◆ TRY IT: Scan the lines below for the string "otherwise" and copy every one that has it.

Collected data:
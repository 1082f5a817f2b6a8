-- ===== src/Engine/Scheduler/Progress.antt =====
-- src/engine/scheduler.rs: when the scheduler is completed.
use strata_exec.Prelude.{
  ℕ, ◌≡◌, refl, sym, ◌∙◌, Bool, true, false, Option, none, some, List, [], ◌∷◌, inl, inr,
  Bool-cases, Result, ok, err,
}
use strata_exec.Float.{Float, ◌⊖◌, ◌≤?◌, lit, nought}
use strata_exec.Float.Laws.{IsRounding}
use strata_exec.Float.Order.{◌≺◌, not_le→≺}
use strata_exec.Market.{LiquiditySnapshot}
use strata_exec.Strategies.AlmgrenChriss.{AlmgrenChriss, ModelError}
use strata_exec.Strategies.RegimeAc.{RegimeAcStrategy}
use strata_exec.Engine.Risk.{RiskManager}
use strata_exec.Engine.Scheduler.{
  new_scheduler, ExecutionMode, Scheduler, book, book_or, book_step, ask_risk, on_block_twap,
  on_block_heuristic, follow_schedule, with_model, with_schedule, step_schedule, after_schedule,
  on_block_optimal, on_block_adaptive_optimal, step_regime, in_mode, on_block,
}

true≢false : ◌≡◌ {A = Bool} true false → ⊥
true≢false p = cc

module _ {F : Type 0} ⦃f : Float F⦄ where
  -- The scheduler after a sequence of blocks, each a volatility and a snapshot.
  unfoldable pub run_blocks : Scheduler F → List (F × LiquiditySnapshot F) → Scheduler F
  run_blocks s [] = s
  run_blocks s ((volatility, liquidity) ∷ rest) =
      run_blocks (on_block s volatility liquidity).0 rest

  pub on_block-completed :
      (s : Scheduler F) (v : F) (l : LiquiditySnapshot F)
      → s.completed ≡ true
      → on_block s v l ≡ (s, ok tt)
  unfolding on_block
  on_block-completed s v l e = simp e

  pub on_block-open :
      (s : Scheduler F) (v : F) (l : LiquiditySnapshot F)
      → s.completed ≡ false
      → on_block s v l ≡ in_mode s.mode s v l
  unfolding on_block
  on_block-open s v l e = simp e

module _ {F : Type 0} ⦃f : Float F⦄ ⦃r : IsRounding F⦄ where
  -- The sale is completed exactly when nothing remains, and what remains is otherwise above 1e-8.
  pub record IsTidy (s : Scheduler F) : Type 0 where
    pub done : s.completed ≡ true → s.remaining_notional ≡ nought
    pub going : s.completed ≡ false → lit 1 8 ≺ s.remaining_notional

  -- Two schedulers between which nothing was sold.
  abbrev Unsold : Scheduler F → Scheduler F → Type 0
  Unsold s s' = (s'.remaining_notional ≡ s.remaining_notional) × (s'.completed ≡ s.completed)

  IsTidy-Unsold : {s s' : Scheduler F} → Unsold s s' → IsTidy s → IsTidy s'
  IsTidy-Unsold (a, b) t = record {
    done = λ e. rw a (t.done (rw b at e));
    going = λ e. rw a (t.going (rw b at e));
  }

  book-IsTidy : (s : Scheduler F) (chunk : F) → s.completed ≡ false → IsTidy (book s chunk)
  unfolding book
  book-IsTidy s chunk e = elim (Bool-cases (s.remaining_notional ⊖ chunk ≤? lit 1 8)) [
    | inl over ↦ simp over (record { done = λ _. refl; going = λ p. absurd (true≢false p) })
    | inr more ↦ simp more (record {
      done = λ p. absurd (true≢false (sym p ∙ e));
      going = λ _. not_le→≺ {F = F} (s.remaining_notional ⊖ chunk) (lit 1 8) more;
    })
  ]

  book_or-IsTidy :
      (b : Bool) (s : Scheduler F) (chunk : F) (other : Scheduler F)
      → s.completed ≡ false
      → IsTidy other
      → IsTidy (book_or b s chunk other)
  unfolding book_or
  book_or-IsTidy true s chunk other e t = book-IsTidy s chunk e
  book_or-IsTidy false s chunk other e t = t

  book_step-IsTidy :
      (b : Bool) (s : Scheduler F) (chunk : F)
      → s.completed ≡ false
      → IsTidy s
      → IsTidy (book_step b s chunk)
  unfolding book_step
  book_step-IsTidy true s chunk e t =
      IsTidy-Unsold {s = book s chunk} (refl, refl) (book-IsTidy s chunk e)
  book_step-IsTidy false s chunk e t = t

  twap-IsTidy : (s : Scheduler F) → s.completed ≡ false → IsTidy s → IsTidy (on_block_twap s)
  unfolding on_block_twap
  twap-IsTidy s e t = book_or-IsTidy _ s _ s e t

  heuristic-IsTidy :
      (s : Scheduler F) (v : F) (l : LiquiditySnapshot F)
      → s.completed ≡ false
      → IsTidy s
      → IsTidy (on_block_heuristic s v l)
  unfolding on_block_heuristic ask_risk
  heuristic-IsTidy s v l e t =
      book_or-IsTidy _ _ _ _ e (book_or-IsTidy _ _ _ _ e (IsTidy-Unsold {s = s} (refl, refl) t))

  adaptive-IsTidy :
      (s : Scheduler F) (v : F) (l : LiquiditySnapshot F)
      → s.completed ≡ false
      → IsTidy s
      → IsTidy (on_block_adaptive_optimal s v l)
  unfolding on_block_adaptive_optimal ask_risk
  adaptive-IsTidy s v l e t = book_step-IsTidy _ _ _ e (IsTidy-Unsold {s = s} (refl, refl) t)

  regime-IsTidy :
      (s : Scheduler F) (v : F) (o : Option (RegimeAcStrategy F))
      → s.completed ≡ false
      → IsTidy s
      → IsTidy (step_regime s v o)
  unfolding step_regime
  regime-IsTidy s v none e t = t
  regime-IsTidy s v (some rac) e t = book_or-IsTidy _ _ _ _ e (IsTidy-Unsold {s = s} (refl, refl) t)

  follow-IsTidy :
      (s : Scheduler F) (v : F) (l : LiquiditySnapshot F) (trades : List F) (o : Option F)
      → s.completed ≡ false
      → IsTidy s
      → IsTidy (follow_schedule s v l trades o)
  unfolding follow_schedule ask_risk
  follow-IsTidy s v l trades none e t = record {
    done = λ _. refl;
    going = λ p. absurd (true≢false p);
  }
  follow-IsTidy s v l trades (some trade) e t =
      book_step-IsTidy _ _ _ e (IsTidy-Unsold {s = s} (refl, refl) t)

  step_schedule-IsTidy :
      (s : Scheduler F) (v : F) (l : LiquiditySnapshot F) (o : Option (List F))
      → s.completed ≡ false
      → IsTidy s
      → IsTidy (step_schedule s v l o)
  unfolding step_schedule
  step_schedule-IsTidy s v l none e t = t
  step_schedule-IsTidy s v l (some trades) e t = follow-IsTidy s v l trades _ e t

  after_ok-IsTidy :
      (s s' : Scheduler F) (v : F) (l : LiquiditySnapshot F)
      → s'.completed ≡ false
      → IsTidy s'
      → IsTidy (after_schedule s v l (ok s')).0
  unfolding after_schedule
  after_ok-IsTidy s s' v l e t = step_schedule-IsTidy s' v l s'.execution_schedule e t

  failed-IsTidy :
      (s : Scheduler F) (v : F) (l : LiquiditySnapshot F) (x : ModelError F)
      → IsTidy s
      → IsTidy (after_schedule s v l (err x)).0
  unfolding after_schedule
  failed-IsTidy s v l x t = t

  with_model-IsTidy :
      (s : Scheduler F) (v : F) (l : LiquiditySnapshot F)
      → (m : Result (ModelError F) (AlmgrenChriss F)) → s.completed ≡ false
      → IsTidy s
      → IsTidy (after_schedule s v l (with_model s m)).0
  unfolding with_model
  with_model-IsTidy s v l (err x) e t = failed-IsTidy s v l x t
  with_model-IsTidy s v l (ok m) e t =
      after_ok-IsTidy s _ v l e (IsTidy-Unsold {s = s} (refl, refl) t)

  optimal-IsTidy :
      (s : Scheduler F) (v : F) (l : LiquiditySnapshot F) (o : Option (List F))
      → s.completed ≡ false
      → IsTidy s
      → IsTidy (after_schedule s v l (with_schedule s v o)).0
  unfolding with_schedule
  optimal-IsTidy s v l (some trades) e t = after_ok-IsTidy s s v l e t
  optimal-IsTidy s v l none e t = with_model-IsTidy s v l _ e t

  in_mode-IsTidy :
      (mode : ExecutionMode) (s : Scheduler F) (v : F) (l : LiquiditySnapshot F)
      → s.completed ≡ false
      → IsTidy s
      → IsTidy (in_mode mode s v l).0
  unfolding in_mode on_block_optimal
  in_mode-IsTidy ExecutionMode.twap s v l e t = twap-IsTidy s e t
  in_mode-IsTidy ExecutionMode.heuristic s v l e t = heuristic-IsTidy s v l e t
  in_mode-IsTidy ExecutionMode.optimal s v l e t = optimal-IsTidy s v l s.execution_schedule e t
  in_mode-IsTidy ExecutionMode.adaptive_optimal s v l e t = adaptive-IsTidy s v l e t
  in_mode-IsTidy ExecutionMode.regime_ac s v l e t = regime-IsTidy s v s.regime_ac e t

  pub on_block-IsTidy :
      (s : Scheduler F) (v : F) (l : LiquiditySnapshot F) → IsTidy s → IsTidy (on_block s v l).0
  on_block-IsTidy s v l t = elim (Bool-cases s.completed) [
    | inl e ↦ rw (on_block-completed s v l e) t
    | inr e ↦ rw (on_block-open s v l e) (in_mode-IsTidy s.mode s v l e t)
  ]

  run_blocks-IsTidy :
      (blocks : List (F × LiquiditySnapshot F)) (s : Scheduler F)
      → IsTidy s
      → IsTidy (run_blocks s blocks)
  unfolding run_blocks
  run_blocks-IsTidy [] s t = t
  run_blocks-IsTidy ((v, l) ∷ rest) s t =
      run_blocks-IsTidy rest (on_block s v l).0 (on_block-IsTidy s v l t)

  -- A new scheduler with a notional above 1e-8, in any mode, is tidy after any sequence of blocks,
  -- whatever the risk manager refuses and whether or not a schedule can be built: it is completed
  -- exactly when nothing remains, and what remains is otherwise more than 1e-8.
  pub new_scheduler-IsTidy :
      (risk : RiskManager F) (t chunk sigma_ref liquidity_ref : F) (mode : ExecutionMode)
      (eta lambda : F) (override : Option ℕ) (blocks : List (F × LiquiditySnapshot F))
      → lit 1 8 ≺ t
      → IsTidy (
          run_blocks
            (new_scheduler risk t chunk sigma_ref liquidity_ref mode eta lambda override)
            blocks)
  new_scheduler-IsTidy risk t chunk sigma_ref liquidity_ref mode eta lambda override blocks h =
      run_blocks-IsTidy blocks _
        (unfold new_scheduler in record { done = λ p. absurd (true≢false (sym p)); going = λ _. h })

◆ WRITTEN SOLUTION:
  -- The sale is completed exactly when nothing remains, and what remains is otherwise above 1e-8.
  -- exactly when nothing remains, and what remains is otherwise more than 1e-8.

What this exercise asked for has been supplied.